Kalau kutaruh di tengah, takut dikira ngajak berantem.

Kalau kutaruh di pangkuan, pegal.

Kalau kupeluk sendiri... ya Tuhan, itu udah terlalu jujur.

Akhirnya aku sandarkan ke tas kecilku.

Tas itu jadi pengganti pasangan.

Setidaknya dia nggak protes waktu kugenggam.

Dan di saat itu aku sadar:

Bioskop bisa jadi tempat paling romantis atau paling reflektif tergantung posisi duduk... dan posisi hati.

Filmnya mulai masuk ke adegan emosional.

Tokoh utama duduk di bangku taman sambil menatap langit. Musiknya sendu, warnanya redup.

Di sebelahku, pasangan couple sudah mulai saling genggam tangan.

Dan aku...

genggam remotenya kursi reclining sambil nyari posisi paling netral.

Yang nggak terlalu santai, tapi juga nggak terlihat seperti... pasrah.

Karena yang paling bahaya dari bioskop dengan kursi couple adalah ilusi kemesraan yang otomatis.

Kursi itu memang didesain untuk dua orang yang ingin lebih dekat.

Tapi kalau kamu datang sendirian?

Kursi itu jadi pengingat bahwa jarak bisa lebih dingin dari AC ruangan.

Dan ternyata... aku bukan satu-satunya korban malam itu.

Beberapa baris di depan, aku lihat seorang bapak-bapak juga duduk sendiri di kursi couple.

Dia kelihatan santai, bahkan sempat buka HP buat nyatet nama aktor di layar.

Tapi... entah kenapa, dari gestur tubuhnya, aku tahu:

dia juga merasa canggung.

Karena dia terus-terusan mengatur posisi duduk, narik kerah bajunya, dan menghindari kontak mata dengan siapa pun.

Kami bertiga—aku, bapak itu, dan tas selempangku—seolah jadi kelompok diam di tengah lautan pelukan dan bisikan mesra.

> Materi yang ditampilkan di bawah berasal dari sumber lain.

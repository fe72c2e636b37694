-- ===== src/Jobs/Completion/Laws.antt =====
-- Theorems on _attach_signed_cert (backend/app.py).
use certheim.Jobs.Keys.{row_with_id}
use certheim.Jobs.Evolution.{Moves, Steps, Steps-refl, Steps-update_found}
use certheim.Base.{
  Bool-cases, List, Option, Option-cases, Text, arith, find, inl, inr, nat_eq, option_eq, refl,
  some, text_eq, true, update_where, ℕ, ◌==◌, ◌≡◌,
}
use certheim.Store.{Job, Request, Status, World, job_by_id, ok, status_eq, update_jobs}
use certheim.Crypto.{Openssl, verify_cert_matches_csr}
use certheim.Jobs.Completion.{
  Completed, Completer, attach_signed_cert, fleet_track_issued, set_issued,
}

jobs-fleet_track_issued :
    (ssl : Openssl) (now : ℕ) (host cert : Text) (email : Option Text) (job_id : Text) (w : World)
    → (fleet_track_issued ssl now host cert email job_id w).jobs ≡ w.jobs
unfolding fleet_track_issued
jobs-fleet_track_issued ssl now host cert email job_id w = ground arith

-- How an attach ends: the table as it was, or one matching pending job issued.
pub data Attached (ssl : Openssl) (r : Request) (c : Completer) (job_id cert : Text)
    (js ks : List Job) : Type 0 where
  kept : ks ≡ js → Attached ssl r c job_id cert js ks
  issues :
      (row : Job)
      → find (row_with_id job_id) js ≡ some row
      → row.status ≡ Status.pending
      → verify_cert_matches_csr ssl row.csr_pem cert ≡ true
      → ks ≡ update_where (row_with_id job_id) (set_issued ssl r.now c cert) js
      → Attached ssl r c job_id cert js ks

-- Attaching a certificate changes the jobs table in one way only: the row of the id, if it is pending
-- and the certificate's public key is that of its CSR, is issued with that certificate. Otherwise the
-- table is left as it was.
pub jobs-attach_signed_cert :
    (ssl : Openssl) (r : Request) (c : Completer) (job_id cert : Text) (w : World)
    → Attached ssl r c job_id cert w.jobs (attach_signed_cert ssl r c job_id cert w).0.jobs
unfolding attach_signed_cert
jobs-attach_signed_cert ssl r c job_id cert w = elim (Option-cases (job_by_id job_id w)) [
  | inl missing ↦ kept (ground arith)
  | inr (row, found) ↦ elim (Bool-cases (row.status == Status.pending)) [
    | inl open_job ↦ elim (Bool-cases (verify_cert_matches_csr ssl row.csr_pem cert)) [
      | inl fits ↦ issues row found (ground arith) fits (
          ground (
            arith,
            jobs-fleet_track_issued ssl r.now row.target_host cert row.requester_email job_id
                (update_jobs (row_with_id job_id) (set_issued ssl r.now c cert) w),
          ))
      | inr differs ↦ kept (ground arith)
    ]
    | inr closed ↦ kept (ground arith)
  ]
]

-- An attach that is answered with a completed job has issued it.
pub attach_signed_cert-issues :
    (ssl : Openssl) (r : Request) (c : Completer) (job_id cert : Text) (w : World)
    {done : Completed}
    → (attach_signed_cert ssl r c job_id cert w).1 ≡ ok done
    → (attach_signed_cert ssl r c job_id cert w).0.jobs
      ≡ update_where (row_with_id job_id) (set_issued ssl r.now c cert) w.jobs
unfolding attach_signed_cert
attach_signed_cert-issues ssl r c job_id cert w h = elim (Option-cases (job_by_id job_id w)) [
  | inl missing ↦ absurd (ground arith)
  | inr (row, found) ↦ ground (
    arith,
    jobs-fleet_track_issued ssl r.now row.target_host cert row.requester_email job_id
        (update_jobs (row_with_id job_id) (set_issued ssl r.now c cert) w),
  )
]

module _ (ssl : Openssl) where
  issued-Moves :
      (now : ℕ) (c : Completer) (cert : Text) (j : Job)
      → j.status ≡ Status.pending
      → verify_cert_matches_csr ssl j.csr_pem cert ≡ true
      → Moves ssl j (set_issued ssl now c cert j)
  issued-Moves now c cert j e fits = record {
    id_kept = refl;
    csr_kept = refl;
    requester_kept = refl;
    host_kept = refl;
    moved = rw e refl;
    certified = λ _. fits;
  }

  Attached-Steps :
      (r : Request) (c : Completer) (job_id cert : Text) (js ks : List Job)
      → Attached ssl r c job_id cert js ks
      → Steps ssl js ks
  Attached-Steps r c job_id cert js ks (kept e) = rw e (Steps-refl ssl js)
  Attached-Steps r c job_id cert js ks (issues row found e fits k) = rw k (
      Steps-update_found ssl job_id (set_issued ssl r.now c cert) row (λ _. refl)
        (issued-Moves r.now c cert row e fits) js found)

  pub attach_signed_cert-Steps :
      (r : Request) (c : Completer) (job_id cert : Text) (w : World)
      → Steps ssl w.jobs (attach_signed_cert ssl r c job_id cert w).0.jobs
  attach_signed_cert-Steps r c job_id cert w =
      Attached-Steps r c job_id cert w.jobs (attach_signed_cert ssl r c job_id cert w).0.jobs
        (jobs-attach_signed_cert ssl r c job_id cert w)
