-- ===== src/Jobs/Delete.antt =====
-- admin_delete_job and admin_bulk_delete_jobs (backend/routes_admin.py), the jobs table only: which
-- helper calls remove key and certificate files is recorded as a list of file names.
pub mod Laws
use certheim.Jobs.Keys.{row_with_id}
use certheim.Jobs.Completion.{status_name}
use certheim.Jobs.Ids.{is_job_id}
use certheim.Base.{
  Bool, List, Option, Text, [], all, arith, contains, filter, if◌then◌else◌, is_empty, length, lit,
  ltb, nat_eq, neg_part, none, not, option_eq, pos_part, some, take, text_eq, true, ℕ, ℤ, ◌&&◌, ◌*◌,
  ◌++◌, ◌+◌, ◌==◌, ◌||◌, ◌∷◌, ◌≡◌,
}
use certheim.Store.{
  Job, Reply, Source, Status, World, abort, error, external, issued, job_by_id, log_event, ok, rhel,
  status_eq,
}

-- the files that `_delete_job_files` asks the helper to remove
unfoldable pub job_files : Job → List Text
unfolding status_eq
job_files j =
    (elim j.local_key_name [
      | none ↦ []
      | some name ↦ if j.has_local_key && not (is_empty name) then name ∷ [] else []
    ])
    ++ (if j.status == Status.issued then (j.target_host ++ lit ".cer") ∷ [] else [])

unfoldable pub delete_job_files : List Job → List Text
unfolding job_files
delete_job_files [] = []
delete_job_files (j ∷ js) = job_files j ++ delete_job_files js

-- `DELETE FROM jobs WHERE …`
abbrev pub delete_jobs : (Job → Bool) → World → World
delete_jobs p w = record w { jobs = filter (λ j. not (p j)) w.jobs }

pub record Deleted : Type 0 where
  pub deleted : ℕ
  pub files : List Text

unfoldable pub admin_delete_job : Text → Bool → World → World × Reply Deleted
unfolding text_eq
admin_delete_job job_id delete_files w =
    if not (is_job_id job_id) then (w, abort 400) else elim (job_by_id job_id w) [
      | none ↦ (w, error 404 (lit "not found"))
      | some row ↦ (
        log_event "admin_delete_job" "ok" job_id (delete_jobs (row_with_id job_id) w),
        ok (record {
          deleted = 1;
          files = if delete_files then delete_job_files (row ∷ []) else [];
        }),
      )
    ]

-- `older_than_days`: missing or zero, not an integer, or an integer
pub data DaysField : Type 0 where
  no_days bad_days : DaysField
  days : ℤ → DaysField

-- The filters of the request body; `status` and `source` as their texts.
pub record Filters : Type 0 where
  pub ids : List Text
  pub status : Option Text
  pub source : Option Text
  pub older_than_days : DaysField
  pub delete_files : Bool
  pub preview : Bool

abbrev deletable : List Text
deletable = lit "pending" ∷ lit "issued" ∷ lit "failed" ∷ lit "cancelled" ∷ lit "expired" ∷ []

abbrev pub source_name : Source → Text
source_name Source.rhel = lit "rhel"
source_name Source.external = lit "external"

abbrev matches_text : Option Text → Text → Bool
matches_text none s = true
matches_text (some t) s = s == t

-- `created_at < now - days * 86400`
abbrev older : ℕ → DaysField → ℕ → Bool
older now (days n) created = ltb (created + pos_part n * 86400) (now + neg_part n * 86400)
older now _ created = true

-- the WHERE clause that the filters make
unfoldable pub selects : ℕ → Filters → Job → Bool
unfolding text_eq status_name
selects now f j =
    (is_empty f.ids || contains f.ids j.id)
    && matches_text f.status (status_name j.status)
    && matches_text f.source (source_name j.source)
    && older now f.older_than_days j.created_at

-- the checks of the filters: `none` where they pass
check_filters : Filters → Option Text
unfolding text_eq
check_filters f = if not (all is_job_id f.ids) then some (lit "invalid ids") else elim f.status [
  | none ↦ if is_empty f.ids then some (lit "status filter is required for bulk cleanup") else none
  | some s ↦ if contains deletable s then none else some (lit "invalid status")
]

check_source : Option Text → Option Text
unfolding text_eq
check_source none = none
check_source (some s) =
    if s == lit "rhel" || s == lit "external" then none else some (lit "invalid source")

check_days : DaysField → Option Text
check_days bad_days = some (lit "invalid older_than_days")
check_days _ = none

-- the first complaint, if any
abbrev or_else : Option Text → Option Text → Option Text
or_else none y = y
or_else (some m) y = some m

-- every check of the request body, in the handler's order
unfoldable pub complaint : Filters → Option Text
unfolding check_filters check_source check_days
complaint f =
    or_else (check_filters f) (or_else (check_source f.source) (check_days f.older_than_days))

-- `ORDER BY created_at DESC`; rows of one time keep their order
insert_newest : Job → List Job → List Job
insert_newest j [] = j ∷ []
insert_newest j (k ∷ ks) =
    let rest = insert_newest j ks in if ltb j.created_at k.created_at then k ∷ rest else j ∷ k ∷ ks

newest_first : List Job → List Job
unfolding insert_newest
newest_first [] = []
newest_first (j ∷ js) = insert_newest j (newest_first js)

-- the most rows that a preview shows
abbrev preview_cap : ℕ
preview_cap = 500

pub data BulkDeleted : Type 0 where
  -- how many rows there are, whether some are cut off, and the rows shown
  previewed : ℕ → Bool → List Job → BulkDeleted
  removed : Deleted → BulkDeleted

unfoldable pub admin_bulk_delete_jobs : ℕ → Filters → World → World × Reply BulkDeleted
unfolding newest_first
admin_bulk_delete_jobs now f w = elim (complaint f) [
  | some message ↦ (w, error 400 message)
  | none ↦
      let rows = newest_first (filter (selects now f) w.jobs) in
      if f.preview
      then (
        log_event "admin_bulk_delete" "preview" [] w,
        ok (previewed (length rows) (ltb preview_cap (length rows)) (take preview_cap rows)),
      )
      else if is_empty rows
      then (w, ok (removed (record { deleted = 0; files = [] })))
      else (
        log_event "admin_bulk_delete" "ok" [] (delete_jobs (selects now f) w),
        ok (
            removed (record {
              deleted = length rows;
              files = if f.delete_files then delete_job_files rows else [];
            })),
      )
]

-- A bulk deletion that names no ids removes only jobs of the one status that it names.
bulk_delete_needs_status :
    (now : ℕ) (f : Filters) (w : World) (j : Job)
    → f.ids ≡ []
    → complaint f ≡ none
    → selects now f j ≡ true
    → f.status ≡ some (status_name j.status)
unfolding complaint selects
bulk_delete_needs_status now f w j no_ids passed hit = ground arith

Tapi momen paling tidak terduga adalah ketika seorang anak kecil—mungkin sekitar enam tahun—berlari dari kursi depan, lalu berhenti di baris kami dan menunjukku sambil teriak:

"Ma! Itu Om-nya nonton sendirian, kasian!"

SATU STUDIO HENING.

Satu detik, dua detik, lalu terdengar tawa tertahan dari barisan samping kanan.

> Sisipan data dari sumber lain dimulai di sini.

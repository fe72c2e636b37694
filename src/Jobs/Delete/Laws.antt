-- ===== src/Jobs/Delete/Laws.antt =====
-- Theorems on admin_delete_job and admin_bulk_delete_jobs (backend/routes_admin.py).
use certheim.Jobs.Completion.{status_name}
use certheim.Base.{
  All, Bool, Bool-cases, List, Option, Option-cases, Text, [], any, ap, arith, contains, false,
  filter, find, inl, inr, is_empty, length, ltb, nat_eq, negsuc, none, not, option_eq, pos, refl,
  some, take, text_eq, true, ℕ, ◌*◌, ◌+◌, ◌<◌, ◌∷◌, ◌≡◌, ◌⊎◌,
}
use certheim.Store.{Job, World, job_by_id, ok, status_eq}
use certheim.Crypto.{Openssl}
use certheim.Jobs.Keys.{IsKeyed, row_with_id}
use certheim.Jobs.Evolution.{IsCertified}
use certheim.Jobs.Delete.{
  DaysField, Deleted, Filters, admin_bulk_delete_jobs, admin_delete_job, bad_days, complaint, days,
  insert_newest, matches_text, newest_first, no_days, older, previewed, removed, selects,
  source_name,
}

any-filter : (p q : Job → Bool) (js : List Job) → any q js ≡ false → any q (filter p js) ≡ false
any-filter p q [] h = refl
any-filter p q (j ∷ js) h = ground (arith, any-filter p q js (ground arith))

pub IsKeyed-filter : (p : Job → Bool) (js : List Job) → IsKeyed js → IsKeyed (filter p js)
IsKeyed-filter p [] h = tt
IsKeyed-filter p (j ∷ js) h = elim (Bool-cases (p j)) [
  | inl hit ↦ rw hit (any-filter p (row_with_id j.id) js h.0, IsKeyed-filter p js h.1)
  | inr miss ↦ rw miss (IsKeyed-filter p js h.1)
]

All-filter : (P : Job → Type 0) (p : Job → Bool) (js : List Job) → All P js → All P (filter p js)
All-filter P p [] h = tt
All-filter P p (j ∷ js) h = elim (Bool-cases (p j)) [
  | inl hit ↦ rw hit (h.0, All-filter P p js h.1)
  | inr miss ↦ rw miss (All-filter P p js h.1)
]

-- What holds of the jobs table at all times: no two rows share an id, and every row holds a
-- certificate exactly in the states that need one, for the key of its own CSR.
abbrev pub IsSound : Openssl → List Job → Type 0
IsSound ssl js = IsKeyed js × All (IsCertified ssl) js

module _ (ssl : Openssl) where
  filter-IsSound : (p : Job → Bool) (js : List Job) → IsSound ssl js → IsSound ssl (filter p js)
  filter-IsSound p js h = (IsKeyed-filter p js h.0, All-filter (IsCertified ssl) p js h.1)

  pub admin_delete_job-IsSound :
      (job_id : Text) (delete_files : Bool) (w : World)
      → IsSound ssl w.jobs
      → IsSound ssl (admin_delete_job job_id delete_files w).0.jobs
  unfolding admin_delete_job
  admin_delete_job-IsSound job_id delete_files w h =
      ground (arith, filter-IsSound (λ (j : Job). not (row_with_id job_id j)) w.jobs h)

  pub admin_bulk_delete_jobs-IsSound :
      (now : ℕ) (f : Filters) (w : World)
      → IsSound ssl w.jobs
      → IsSound ssl (admin_bulk_delete_jobs now f w).0.jobs
  unfolding admin_bulk_delete_jobs
  admin_bulk_delete_jobs-IsSound now f w h =
      ground (arith, filter-IsSound (λ (j : Job). not (selects now f j)) w.jobs h)

find-filter :
    (job_id : Text) (js : List Job)
    → find (row_with_id job_id) (filter (λ j. not (row_with_id job_id j)) js) ≡ none
find-filter job_id [] = refl
find-filter job_id (j ∷ js) = ground (arith, find-filter job_id js)

-- A job that an admin has deleted is gone.
admin_delete_job_gone :
    (job_id : Text) (delete_files : Bool) (w : World) {done : Deleted}
    → (admin_delete_job job_id delete_files w).1 ≡ ok done
    → job_by_id job_id (admin_delete_job job_id delete_files w).0 ≡ none
unfolding admin_delete_job
admin_delete_job_gone job_id delete_files w h = ground (arith, find-filter job_id w.jobs)

-- What the filters of a bulk deletion mean: the ids that are named, if any, the status, the source
-- and the least age in days, where they are given.
pub record IsSelected (now : ℕ) (f : Filters) (j : Job) : Type 0 where
  pub by_id : (f.ids ≡ []) ⊎ (contains f.ids j.id ≡ true)
  pub by_status : (s : Text) → f.status ≡ some s → status_name j.status ≡ s
  pub by_source : (s : Text) → f.source ≡ some s → source_name j.source ≡ s
  pub by_age : (n : ℕ) → f.older_than_days ≡ days (pos n) → j.created_at + n * 86400 < now
  pub by_negative_age :
      (n : ℕ) → f.older_than_days ≡ days (negsuc n) → j.created_at < now + (n + 1) * 86400

selects-IsSelected : (now : ℕ) (f : Filters) (j : Job) → selects now f j ≡ true → IsSelected now f j
unfolding selects
selects-IsSelected now f j hit = record {
  by_id = ground arith;
  by_status = λ s e. ground arith;
  by_source = λ s e. ground arith;
  by_age = λ n e. ground arith;
  by_negative_age = λ n e. ground arith;
}

matches_text-all :
    (o : Option Text) (t : Text) → ((s : Text) → o ≡ some s → t ≡ s) → matches_text o t ≡ true
unfolding text_eq
matches_text-all none t h = refl
matches_text-all (some s) t h = ground (arith, h s refl)

older-all :
    (now created : ℕ) (d : DaysField)
    → ((n : ℕ) → d ≡ days (pos n) → created + n * 86400 < now)
    → ((n : ℕ) → d ≡ days (negsuc n) → created < now + (n + 1) * 86400)
    → older now d created ≡ true
older-all now created no_days h k = refl
older-all now created bad_days h k = refl
older-all now created (days (pos n)) h k = ground (arith, h n refl)
older-all now created (days (negsuc n)) h k = ground (arith, k n refl)

IsSelected-selects : (now : ℕ) (f : Filters) (j : Job) → IsSelected now f j → selects now f j ≡ true
unfolding selects
IsSelected-selects now f j h =
    let state = matches_text-all f.status (status_name j.status) h.by_status in
    let origin = matches_text-all f.source (source_name j.source) h.by_source in
    let age = older-all now j.created_at f.older_than_days h.by_age h.by_negative_age in
    ground (arith, h.by_id, state, origin, age)

-- The second list is the first without the rows of a predicate, in their order.
pub data IsWithout (P : Job → Type 0) : List Job → List Job → Type 0 where
  none_left : IsWithout P [] []
  dropped : {j : Job} {js ks : List Job} → P j → IsWithout P js ks → IsWithout P (j ∷ js) ks
  kept : {j : Job} {js ks : List Job} → ¬ P j → IsWithout P js ks → IsWithout P (j ∷ js) (j ∷ ks)

selects-IsWithout :
    (now : ℕ) (f : Filters) (js : List Job)
    → IsWithout (IsSelected now f) js (filter (λ j. not (selects now f j)) js)
selects-IsWithout now f [] = none_left
selects-IsWithout now f (j ∷ js) = elim (Bool-cases (selects now f j)) [
  | inl hit ↦ rw hit (dropped (selects-IsSelected now f j hit) (selects-IsWithout now f js))
  | inr miss ↦ rw miss (
      kept (λ h. absurd (ground (arith, IsSelected-selects now f j h)))
        (selects-IsWithout now f js))
]

length-insert_newest : (j : Job) (ks : List Job) → length (insert_newest j ks) ≡ 1 + length ks
unfolding insert_newest
length-insert_newest j [] = refl
length-insert_newest j (k ∷ ks) = ground (arith, length-insert_newest j ks)

length-newest_first : (js : List Job) → length (newest_first js) ≡ length js
unfolding newest_first
length-newest_first [] = refl
length-newest_first (j ∷ js) =
    omega (arith, length-insert_newest j (newest_first js), length-newest_first js)

filter-not_none :
    (p : Job → Bool) (js : List Job)
    → is_empty (filter p js) ≡ true
    → filter (λ j. not (p j)) js ≡ js
filter-not_none p [] h = refl
filter-not_none p (j ∷ js) h = ground (arith, filter-not_none p js (ground arith))

length-filter-not :
    (p : Job → Bool) (js : List Job)
    → length (filter (λ j. not (p j)) js) + length (filter p js) ≡ length js
length-filter-not p [] = refl
length-filter-not p (j ∷ js) = ground (arith, length-filter-not p js)

is_empty-newest_first : (js : List Job) → is_empty (newest_first js) ≡ true → js ≡ []
unfolding newest_first insert_newest
is_empty-newest_first [] h = refl
is_empty-newest_first (j ∷ js) h = absurd (ground (arith, length-insert_newest j (newest_first js)))

-- The table after a bulk deletion, and its answer, where the filters pass and no preview is asked.
bulk_delete-removed :
    (now : ℕ) (f : Filters) (w : World) {done : Deleted}
    → (admin_bulk_delete_jobs now f w).1 ≡ ok (removed done)
    → ((admin_bulk_delete_jobs now f w).0.jobs ≡ filter (λ j. not (selects now f j)) w.jobs)
      × (done.deleted ≡ length (filter (selects now f) w.jobs))
      × (complaint f ≡ none)
unfolding admin_bulk_delete_jobs
bulk_delete-removed now f w {done} h =
    let hits = filter (selects now f) w.jobs in
    elim (Option-cases (complaint f)) [
      | inr (message, refused) ↦ absurd (ground arith)
      | inl passed ↦ elim (Bool-cases (is_empty (newest_first hits))) [
        | inr some_hit ↦ (ground arith, ground (arith, length-newest_first hits), passed)
        | inl no_hit ↦
            let nothing : hits ≡ [] = is_empty-newest_first hits no_hit in
            (
              ground (arith, filter-not_none (selects now f) w.jobs (ap is_empty nothing)),
              ground (arith, ap length nothing),
              passed,
            )
      ]
    ]

bulk_delete-preview :
    (now : ℕ) (f : Filters) (w : World)
    → complaint (record f { preview = true }) ≡ none
    → let hits = filter (selects now (record f { preview = true })) w.jobs in
      let shown = admin_bulk_delete_jobs now (record f { preview = true }) w in
      (shown.0.jobs ≡ w.jobs)
      × (shown.1
          ≡ ok (previewed (length hits) (ltb 500 (length hits)) (take 500 (newest_first hits))))
unfolding admin_bulk_delete_jobs newest_first
bulk_delete-preview now f w passed =
    let hits = filter (selects now (record f { preview = true })) w.jobs in
    rw (admin_bulk_delete_jobs, passed, length-newest_first hits) (refl, refl)

pub bulk_delete_exact :
    (now : ℕ) (f : Filters) (w : World) {done : Deleted}
    → (admin_bulk_delete_jobs now f w).1 ≡ ok (removed done)
    → let js = (admin_bulk_delete_jobs now f w).0.jobs in
      let shown = admin_bulk_delete_jobs now (record f { preview = true }) w in
      IsWithout (IsSelected now f) w.jobs js
      × (length js + done.deleted ≡ length w.jobs)
      × (shown.0.jobs ≡ w.jobs)
      × ((rows : List Job) × (shown.1 ≡ ok (previewed done.deleted (ltb 500 done.deleted) rows)))
unfolding complaint selects
bulk_delete_exact now f w {done} h =
    let (left, counted, passed) = bulk_delete-removed now f w {done = done} h in
    let (same, shows) = bulk_delete-preview now f w passed in
    (
      rw left (selects-IsWithout now f w.jobs),
      omega (arith, ap length left, counted, length-filter-not (selects now f) w.jobs),
      same,
      (take 500 (newest_first (filter (selects now f) w.jobs)), rw counted shows),
    )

Aku cuma bisa senyum. Kaku.

Lalu melambai pelan ke anak itu kayak tokoh figuran di acara ulang tahun.

Ibunya langsung narik anaknya dan bisik:

"Jangan ngomong sembarangan, Nak!"

Tapi kerusakan sudah terjadi.

Kini semua orang tahu:

ada yang nonton sendiri di kursi couple, dan dia adalah aku.

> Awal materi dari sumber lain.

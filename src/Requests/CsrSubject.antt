-- ===== src/Requests/CsrSubject.antt =====
-- _parse_csr_subject (backend/app.py): the CN and the names that `openssl req -text` prints.
use certheim.Base.{
  Bool, List, Option, Text, [], drop, false, has_infix, if◌then◌else◌, is_empty, is_space, lit,
  lstrip, nat_eq, none, not, option_eq, some, split_on, starts_with, strip, text_eq, true, ℕ, ◌&&◌,
  ◌++◌, ◌==◌, ◌||◌, ◌∷◌,
}
use certheim.Crypto.{Openssl}
use certheim.Store.{status_eq}

newline : ℕ
newline = 10

-- the characters before the first `,` or `/`
unfoldable until_separator : Text → Text
unfolding nat_eq
until_separator [] = []
until_separator (c ∷ s) =
    let rest = until_separator s in if c == b',' || c == b'/' then [] else c ∷ rest

-- `\s*=\s*([^,/]+)` at the start of a text, its group stripped. The blanks before the group may be
-- left to the group, since it is stripped.
unfoldable after_cn : Text → Option Text
unfolding until_separator strip lstrip nat_eq
after_cn s = elim (lstrip is_space s) [
  | [] ↦ none
  | c ∷ t ↦
      if c == b'=' && not (is_empty (until_separator t))
      then some (strip (until_separator t))
      else none
]

-- `re.search(r"CN\s*=\s*([^,/]+)", s)`
unfoldable search_cn : Text → Option Text
unfolding after_cn
search_cn [] = none
search_cn (c ∷ s) =
    let rest = search_cn s in
    if starts_with (c ∷ s) (lit "CN")
    then elim (after_cn (drop 1 s)) [ none ↦ rest | some cn ↦ some cn ]
    else rest

-- the name in one part of the line of alternative names
unfoldable san_of : Text → List Text
unfolding strip
san_of part =
    if starts_with part (lit "DNS:")
    then strip (drop 4 part) ∷ []
    else if starts_with part (lit "IP Address:")
    then strip (drop 11 part) ∷ []
    else if starts_with part (lit "IP:")
    then strip (drop 3 part) ∷ []
    else []

unfoldable sans_of : List Text → List Text
unfolding san_of strip
sans_of [] = []
sans_of (part ∷ parts) = san_of (strip part) ++ sans_of parts

-- the CN of a line, where it is the subject's and has one
unfoldable line_cn : Text → Text → Text
unfolding search_cn
line_cn stripped cn =
    if starts_with stripped (lit "Subject:")
    then elim (search_cn stripped) [ none ↦ cn | some found ↦ found ]
    else cn

-- the loop over the lines: the CN, the names and `capture_san` so far
unfoldable read_lines : List Text → Text → List Text → Bool → Text × List Text
unfolding line_cn sans_of strip split_on
read_lines [] cn sans capture = (cn, sans)
read_lines (line ∷ lines) cn sans capture =
    let stripped = strip line in
    let cn' = line_cn stripped cn in
    let header = read_lines lines cn' sans true in
    let names = read_lines lines cn' (sans ++ sans_of (split_on b',' stripped)) false in
    let other = read_lines lines cn' sans capture in
    if has_infix (lit "X509v3 Subject Alternative Name:") stripped
    then header
    else if capture && not (is_empty stripped)
    then names
    else other

unfoldable pub parse_csr_subject : Openssl → Text → Text × List Text
unfolding read_lines newline split_on
parse_csr_subject ssl csr_pem = elim (ssl.csr_print csr_pem) [
  | none ↦ ([], [])
  | some out ↦ read_lines (split_on newline out) [] [] false
]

Seorang pria berusia 30-an, dengan hoodie hitam dan raut wajah yang sudah berdamai dengan nasib.

Aku menarik napas. Lalu berkata dalam hati:

"Tenang, Nara. Kamu bukan sendiri. Kamu cuma... sendirian bersama dirimu."

Dan dengan itu, aku kembali fokus ke layar.

Tokoh utamanya kini menangis.

Dan di saat itulah...

mataku juga berkaca-kaca. Tapi bukan karena adegannya menyentuh.

Tapi karena AC-nya langsung nembak tepat ke muka.

Setelah insiden "Om-nya nonton sendirian, kasian" itu, aku mulai lebih waspada.

Setiap gerakanku terasa diawasi.

Padahal mungkin cuma perasaanku aja.

Tapi tetap aja, aku jadi lebih hati-hati.